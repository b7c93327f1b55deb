-- ===== src/Index/Store/Status.antt =====
-- IndexStatus and HasIndexRecords of runtime/index.go.
pub mod Laws
use fluxplane_dex.Prelude.{
  ℕ, zero, suc, ◌+◌, String, Bool, false, true, ◌&&◌, ◌||◌, not, Option, none, some, List, [], ◌∷◌,
  ◌++◌, map, ◌==◌, if◌then◌else◌, trim_space, ltb, length, any, str_lt,
}
use fluxplane_dex.Prelude.Int.{ℤ, pos}
use fluxplane_dex.Prelude.Outcome.{Outcome, ok, err, ◌>>=◌}
use fluxplane_dex.Prelude.Sorting.{sort, by_key}
use fluxplane_dex.Files.{
  File, absent, unreadable, malformed, holds, Disk, no_directory, after_write, write_error,
}
use fluxplane_dex.Maps.{Map, get, put}
use fluxplane_dex.Json.{Object, Value, int, text, Codec}
use fluxplane_dex.Grants.{PathName, path_name, same_path, normalize_instance}
use fluxplane_dex.Index.{IndexRecord, IndexSnapshot, normalize_index_record, enrich_index_record}
use fluxplane_dex.Index.Store.{IndexDir, load_index_snapshots}

pub record IndexStatusEntry : Type 0 where
  pub index : String
  pub records : ℕ
  pub updated_at : ℕ
  pub metadata : String

pub record IndexStatus : Type 0 where
  pub plugin : String
  pub instance_name : String
  pub indexes : List String
  pub records : ℕ
  pub updated_at : ℕ
  pub details : List IndexStatusEntry

abbrev pub entry_of : IndexSnapshot → IndexStatusEntry
entry_of s = record {
  index = s.index;
  records = length s.records;
  updated_at = s.updated_at;
  metadata = s.metadata;
}

-- the body of the loop over the snapshots
unfoldable pub add_snapshot : IndexStatus → IndexSnapshot → IndexStatus
add_snapshot status s = record {
  plugin = status.plugin;
  instance_name = status.instance_name;
  indexes = status.indexes ++ s.index ∷ [];
  records = status.records + length s.records;
  updated_at = if ltb status.updated_at s.updated_at then s.updated_at else status.updated_at;
  details = status.details ++ entry_of s ∷ [];
}

unfoldable pub add_snapshots : IndexStatus → List IndexSnapshot → IndexStatus
add_snapshots status [] = status
add_snapshots status (s ∷ ss) = add_snapshots (add_snapshot status s) ss

-- the two calls of package sort at the end
abbrev pub sorted_status : IndexStatus → IndexStatus
sorted_status status = record status {
  indexes = sort str_lt status.indexes;
  details = sort (by_key (λ (d : IndexStatusEntry). d.index)) status.details;
}

abbrev pub new_status : String → String → IndexStatus
new_status plugin instance_name = record {
  plugin = trim_space plugin;
  instance_name = instance_name;
  indexes = [];
  records = 0;
  updated_at = 0;
  details = [];
}

unfoldable pub index_status : IndexDir → String → String → Outcome IndexStatus
unfolding add_snapshots
index_status dir plugin instance_name = do
  ss ← load_index_snapshots dir plugin (normalize_instance instance_name)
  ok (sorted_status (add_snapshots (new_status plugin (normalize_instance instance_name)) ss))

unfoldable pub has_index_records : IndexDir → String → String → Outcome Bool
has_index_records dir plugin instance_name = do
  status ← index_status dir plugin instance_name
  ok (ltb 0 status.records)
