-- ===== src/Index/Store/Status/Laws.antt =====
-- The parts of an IndexStatus against each other, runtime/index.go.
use mathlib.Core.Path.{subst}
use fluxplane_dex.Prelude.{
  ℕ, ◌+◌, String, ◌≡◌, refl, sym, ap, ◌∙◌, Bool, List, [], ◌∷◌, ◌++◌, map, arith, str_lt,
  Bool-cases, inl, inr,
}
use fluxplane_dex.Prelude.Outcome.{ok, ok-injective, >>=-eq-ok}
use fluxplane_dex.Prelude.Sorting.{insert, sort, by_key}
use fluxplane_dex.Grants.{normalize_instance}
use fluxplane_dex.Index.{IndexSnapshot}
use fluxplane_dex.Index.Store.{IndexDir, load_index_snapshots}
use fluxplane_dex.Index.Store.Status.{
  IndexStatus, IndexStatusEntry, entry_of, add_snapshot, add_snapshots, sorted_status, new_status,
  index_status,
}

-- Sorting by a key sorts the keys.
insert-map :
    {A : Type 0} (key : A → String) (x : A) (xs : List A)
    → map key (insert (by_key key) x xs) ≡ insert str_lt (key x) (map key xs)
unfolding insert
insert-map key x [] = refl
insert-map key x (y ∷ ys) = elim (Bool-cases (str_lt (key y) (key x))) [
  | inl e ↦ rw e (ap (λ zs. key y ∷ zs) (insert-map key x ys))
  | inr e ↦ rw e
]

map-sort :
    {A : Type 0} (key : A → String) (xs : List A)
    → map key (sort (by_key key) xs) ≡ sort str_lt (map key xs)
unfolding sort
map-sort key [] = refl
map-sort key (x ∷ xs) =
    insert-map key x (sort (by_key key) xs) ∙ ap (insert str_lt (key x)) (map-sort key xs)

-- the records that the entries of a status count
unfoldable pub total : List IndexStatusEntry → ℕ
total [] = 0
total (d ∷ ds) = d.records + total ds

total-append : (xs ys : List IndexStatusEntry) → total (xs ++ ys) ≡ total xs + total ys
unfolding total
total-append [] ys = omega arith
total-append (d ∷ xs) ys = omega (arith, total-append xs ys)

total-insert :
    (less : IndexStatusEntry → IndexStatusEntry → Bool) (d : IndexStatusEntry)
    (ds : List IndexStatusEntry)
    → total (insert less d ds) ≡ d.records + total ds
unfolding insert total
total-insert less d [] = refl
total-insert less d (e ∷ ds) = ground (arith, total-insert less d ds)

total-sort :
    (less : IndexStatusEntry → IndexStatusEntry → Bool) (ds : List IndexStatusEntry)
    → total (sort less ds) ≡ total ds
unfolding sort total
total-sort less [] = refl
total-sort less (d ∷ ds) = omega (arith, total-insert less d (sort less ds), total-sort less ds)

-- The indexes, the records and the details tell of the same snapshots.
pub record Agrees (status : IndexStatus) : Type 0 where
  pub names : status.indexes ≡ map (λ (d : IndexStatusEntry). d.index) status.details
  pub counts : status.records ≡ total status.details

map-append :
    (xs : List IndexStatusEntry) (d : IndexStatusEntry)
    → map (λ (d : IndexStatusEntry). d.index) (xs ++ d ∷ [])
      ≡ map (λ (d : IndexStatusEntry). d.index) xs ++ d.index ∷ []
map-append [] d = refl
map-append (x ∷ xs) d = ap (λ ys. x.index ∷ ys) (map-append xs d)

add_snapshot-Agrees :
    (status : IndexStatus) (s : IndexSnapshot) → Agrees status → Agrees (add_snapshot status s)
unfolding add_snapshot total
add_snapshot-Agrees status s a = record {
  names = rw a.names (sym (map-append status.details (entry_of s)));
  counts = rw (total-append status.details (entry_of s ∷ [])) (omega (arith, a.counts));
}

add_snapshots-Agrees :
    (status : IndexStatus) (ss : List IndexSnapshot)
    → Agrees status
    → Agrees (add_snapshots status ss)
unfolding add_snapshots
add_snapshots-Agrees status [] a = a
add_snapshots-Agrees status (s ∷ ss) a =
    add_snapshots-Agrees (add_snapshot status s) ss (add_snapshot-Agrees status s a)

sorted_status-Agrees : (status : IndexStatus) → Agrees status → Agrees (sorted_status status)
sorted_status-Agrees status a = record {
  names = rw a.names (sym (map-sort (λ (d : IndexStatusEntry). d.index) status.details));
  counts = rw (total-sort (by_key (λ (d : IndexStatusEntry). d.index)) status.details) a.counts;
}

-- A status that is returned is consistent: its indexes are those of its details, in their order,
-- and its count is the sum of theirs.
pub index_status-Agrees :
    (dir : IndexDir) (plugin instance_name : String) (status : IndexStatus)
    → index_status dir plugin instance_name ≡ ok status
    → Agrees status
unfolding index_status total
index_status-Agrees dir plugin instance_name status h =
    let (ss, e, k) =
      >>=-eq-ok (load_index_snapshots dir plugin (normalize_instance instance_name)) _ h in
    let start = new_status plugin (normalize_instance instance_name) in
    subst Agrees (ok-injective k) (
      sorted_status-Agrees (add_snapshots start ss)
        (add_snapshots-Agrees start ss (record { names = refl; counts = refl })))
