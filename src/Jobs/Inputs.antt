-- ===== src/Jobs/Inputs.antt =====
-- How the input of a plugin operation is read: FirstString, IntFromInput and their kin in
-- core/pluginbinding/index.go.
pub mod Bounds
use Prim.Native.Char.{Char, code}
use Prim.Native.String.{[] as end, ◌∷◌ as then_char}
use fluxplane_dex.Prelude.{
  ℕ, zero, suc, ◌+◌, ◌-◌, ◌*◌, ◌^◌, String, Bool, false, true, ◌&&◌, ◌||◌, not, Option, none, some,
  List, [], ◌∷◌, ◌++◌, ◌==◌, if◌then◌else◌, trim_space, to_lower, nat_eq, ltb, leb, length,
}
use fluxplane_dex.Prelude.Int.{ℤ, pos, negsuc}
use fluxplane_dex.Prelude.Outcome.{Outcome, ok, err}
use fluxplane_dex.Prelude.Slices.{split_from, format_int}
use fluxplane_dex.Prelude.Unique.{mem}
use fluxplane_dex.Maps.{Map, get, put}
use fluxplane_dex.Json.{Object, Value, text, float, int}

-- the answer for one value
abbrev pub shown_value : Option Value → Option String
shown_value (some (text s)) = if trim_space s == "" then none else some (trim_space s)
shown_value (some (float f)) = if f.is_zero then none else some (format_int f.truncated)
shown_value (some (int (pos zero))) = none
shown_value (some (int n)) = some (format_int n)
shown_value _ = none

unfoldable pub first_string : Object → List String → String
first_string input [] = ""
first_string input (key ∷ keys) = elim (shown_value (get key input)) [
  | some s ↦ s
  | none ↦ first_string input keys
]

abbrev pub is_digit : Char → Bool
is_digit c = leb 48 (code c) && leb (code c) 57

-- the value of a text of digits, after those read before
unfoldable pub digits_from : ℕ → String → Option ℕ
digits_from n end = some n
digits_from n (then_char c s) =
    let rest = digits_from (10 * n + (code c - 48)) s in if is_digit c then rest else none

unfoldable pub magnitude : String → Option ℕ
unfolding digits_from
magnitude end = none
magnitude (then_char c s) = digits_from 0 (then_char c s)

-- the integer of a sign and a magnitude that 64 bits hold
abbrev pub signed : Bool → Option ℕ → Option ℤ
signed minus none = none
signed false (some n) = if leb (2 ^ 63) n then none else some (pos n)
signed true (some zero) = some (pos zero)
signed true (some (suc n)) = if leb (2 ^ 63) n then none else some (negsuc n)

-- strconv.Atoi
unfoldable pub atoi : String → Option ℤ
unfolding magnitude
atoi end = none
atoi (then_char c s) =
    if nat_eq (code c) 45
    then signed true (magnitude s)
    else if nat_eq (code c) 43
    then signed false (magnitude s)
    else signed false (magnitude (then_char c s))

unfoldable pub int_from_input : Object → String → ℤ → ℤ
unfolding atoi
int_from_input input key fallback = elim (get key input) [
  | some (float f) ↦ f.truncated
  | some (int n) ↦ n
  | some (text s) ↦ elim (atoi (trim_space s)) [ some n ↦ n | none ↦ fallback ]
  | _ ↦ fallback
]

abbrev pub is_positive : ℤ → Bool
is_positive (pos zero) = false
is_positive (pos (suc n)) = true
is_positive (negsuc n) = false

-- `a > b`
abbrev pub greater : ℤ → ℤ → Bool
greater (pos m) (pos n) = ltb n m
greater (pos m) (negsuc n) = true
greater (negsuc m) (pos n) = false
greater (negsuc m) (negsuc n) = ltb m n

-- the two tests at the end of BoundedIntFromInput
abbrev pub bounded : ℤ → ℤ → ℤ → ℤ
bounded fallback max untested =
    let value = if is_positive untested then untested else fallback in
    if is_positive max && greater value max then max else value

unfoldable pub bounded_int_from_input : Object → String → ℤ → ℤ → ℤ
unfolding int_from_input
bounded_int_from_input input key fallback max =
    bounded fallback max (int_from_input input key fallback)

unfoldable pub string_from_input : Object → List String → String
unfolding first_string
string_from_input input keys = trim_space (first_string input keys)

unfoldable pub default_string_from_input : Object → String → List String → String
unfolding string_from_input
default_string_from_input input fallback keys =
    let value = string_from_input input keys in if value == "" then fallback else value
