-- ===== src/Jobs.antt =====
-- The building of indexes by a plugin, core/pluginbinding/index.go: which indexes are selected, the
-- jobs that are run for them, and how their input is read.
pub mod Laws
pub mod Inputs
use Prim.Native.Char.{Char, code}
use Prim.Native.String.{[] as end, ◌∷◌ as then_char}
use fluxplane_dex.Prelude.{
  ℕ, zero, suc, ◌+◌, ◌-◌, ◌*◌, ◌^◌, String, Bool, false, true, ◌&&◌, ◌||◌, not, Option, none, some,
  List, [], ◌∷◌, ◌++◌, ◌==◌, if◌then◌else◌, trim_space, to_lower, nat_eq, ltb, leb, length,
}
use fluxplane_dex.Prelude.Int.{ℤ, pos, negsuc}
use fluxplane_dex.Prelude.Outcome.{Outcome, ok, err}
use fluxplane_dex.Prelude.Slices.{split_from, format_int}
use fluxplane_dex.Prelude.Unique.{mem}
use fluxplane_dex.Maps.{Map, get, put}
use fluxplane_dex.Jobs.Inputs.{first_string}
use fluxplane_dex.Json.{Object, Value, text, float, int}

-- the trimmed parts of one value that are not blank
unfoldable pub parts : List String → List String
parts [] = []
parts (untrimmed ∷ rest) =
    let part = to_lower (trim_space untrimmed) in
    let later = parts rest in if not (part == "") then part ∷ later else later

abbrev pub comma : Char
comma = ","

unfoldable pub split_selector_values : List String → List String
unfolding parts
split_selector_values [] = []
split_selector_values (value ∷ values) =
    parts (split_from comma "" value) ++ split_selector_values values

-- the indexes of a selector that are set in its map
pub record IndexSelector : Type 0 where
  pub indexes : List String

unfoldable pub includes : IndexSelector → String → Bool
includes s index = elim s.indexes [ [] ↦ true | i ∷ is ↦ mem ◌==◌ index (i ∷ is) ]

-- the loop over the selected values
unfoldable pub select : Map String → List String → Outcome (List String)
select known [] = ok []
select known (value ∷ values) = elim (get value known) [
  | none ↦ err "unknown index/entity selector"
  | some index ↦ elim (select known values) [ err e ↦ err e | ok is ↦ ok (index ∷ is) ]
]

abbrev pub selector_values : Object → List String
selector_values input = split_selector_values (
    first_string input ("index" ∷ "indexes" ∷ [])
    ∷ first_string input ("entity" ∷ "entities" ∷ [])
    ∷ [])

abbrev pub made : Outcome (List String) → Outcome IndexSelector
made (err e) = err e
made (ok is) = ok (record { indexes = is })

-- no value gives an empty list, which is the selector of all indexes
unfoldable pub new_index_selector : Object → Map String → Outcome IndexSelector
unfolding select split_selector_values first_string
new_index_selector input known = made (select known (selector_values input))

-- the entries of the second map replace those of the first
unfoldable pub put_each : Object → Object → Object
put_each o [] = o
put_each o ((k, v) ∷ rest) = put_each (put k v o) rest

unfoldable pub index_build_metadata : String → String → Object → Object
unfolding put_each
index_build_metadata entity operation input =
    put_each
      (("entity", text entity) ∷ ("source", text operation) ∷ ("fetch_mode", text "all_pages") ∷ [])
      input

-- an error of a plugin with its code, or another error
pub data JobError : Type 0 where
  plugin_error : String → String → JobError
  other_error : String → JobError

module _ (R : Type 0) where
  pub record IndexResult : Type 0 where
    pub index : String
    pub records : List R
    pub count : ℕ
    pub metadata : Object

  pub data JobRun : Type 0 where
    built : IndexResult → JobRun
    stopped : JobError → JobRun

  -- `run` is none for a nil function
  pub record IndexJob : Type 0 where
    pub index : String
    pub run : Option JobRun

  pub data BuildRun : Type 0 where
    finished : List IndexResult → BuildRun
    failed : JobError → BuildRun

  abbrev pub new_index_result : String → List R → Object → IndexResult
  new_index_result index records metadata = record {
    index = index;
    records = records;
    count = length records;
    metadata = metadata;
  }

  -- the loop over the items that were fetched
  unfoldable pub normalized : {T : Type 0} → (T → Option R) → List T → List R
  normalized normalize [] = []
  normalized normalize (item ∷ items) = elim (normalize item) [
    | none ↦ normalized normalize items
    | some r ↦ r ∷ normalized normalize items
  ]

  abbrev pub job_run :
      {T : Type 0} → String → String → String → Outcome (List T) → (T → Option R) → Object → JobRun
  job_run index entity operation (err e) normalize metadata = stopped (other_error e)
  job_run index entity operation (ok items) normalize metadata = built (
      new_index_result index (normalized normalize items)
        (index_build_metadata entity operation metadata))

  unfoldable pub new_dynamic_index_job :
      {T : Type 0}
      → String
      → String
      → String
      → Outcome (List T)
      → (T → Option R)
      → Object
      → IndexJob
  unfolding normalized index_build_metadata
  new_dynamic_index_job index entity operation fetched normalize metadata = record {
    index = index;
    run = some (job_run index entity operation fetched normalize metadata);
  }

  -- the error that the loop returns for the error of a job
  abbrev pub reported : String → JobError → JobError
  reported code (plugin_error c m) = plugin_error c m
  reported code (other_error m) =
      plugin_error (if trim_space code == "" then "plugin_error" else code) m

  abbrev pub add_result : IndexResult → BuildRun → BuildRun
  add_result r (finished rs) = finished (r ∷ rs)
  add_result r (failed e) = failed e

  -- what the run of a job makes of the rest of the loop
  abbrev pub after_run : String → JobRun → BuildRun → BuildRun
  after_run code (built r) rest = add_result r rest
  after_run code (stopped e) rest = failed (reported code e)

  -- the body of the loop, for a job whose index is to be passed over or not
  abbrev pub job_step : Bool → String → Option JobRun → BuildRun → BuildRun
  job_step passed code none rest = rest
  job_step passed code (some out) rest = if passed then rest else after_run code out rest

  abbrev pub is_passed : IndexSelector → IndexJob → Bool
  is_passed selector job = trim_space job.index == "" || not (includes selector job.index)

  unfoldable pub run_index_jobs : IndexSelector → String → List IndexJob → BuildRun
  unfolding includes
  run_index_jobs selector code [] = finished []
  run_index_jobs selector code (job ∷ jobs) =
      job_step (is_passed selector job) code job.run (run_index_jobs selector code jobs)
════
> YOUR ASSIGNMENT: In the entries above, restate word for word the lines between the one holding "else signed false" and the one holding "greater (negsuc m) (pos n) = false", inclusive, and nothing besides.

> TASK RESULT:
    else signed false (magnitude (then_char c s))

unfoldable pub int_from_input : Object → String → ℤ → ℤ
unfolding atoi
int_from_input input key fallback = elim (get key input) [
  | some (float f) ↦ f.truncated
  | some (int n) ↦ n
  | some (text s) ↦ elim (atoi (trim_space s)) [ some n ↦ n | none ↦ fallback ]
  | _ ↦ fallback
]

abbrev pub is_positive : ℤ → Bool
is_positive (pos zero) = false
is_positive (pos (suc n)) = true
is_positive (negsuc n) = false

-- `a > b`
abbrev pub greater : ℤ → ℤ → Bool
greater (pos m) (pos n) = ltb n m
greater (pos m) (negsuc n) = true
greater (negsuc m) (pos n) = false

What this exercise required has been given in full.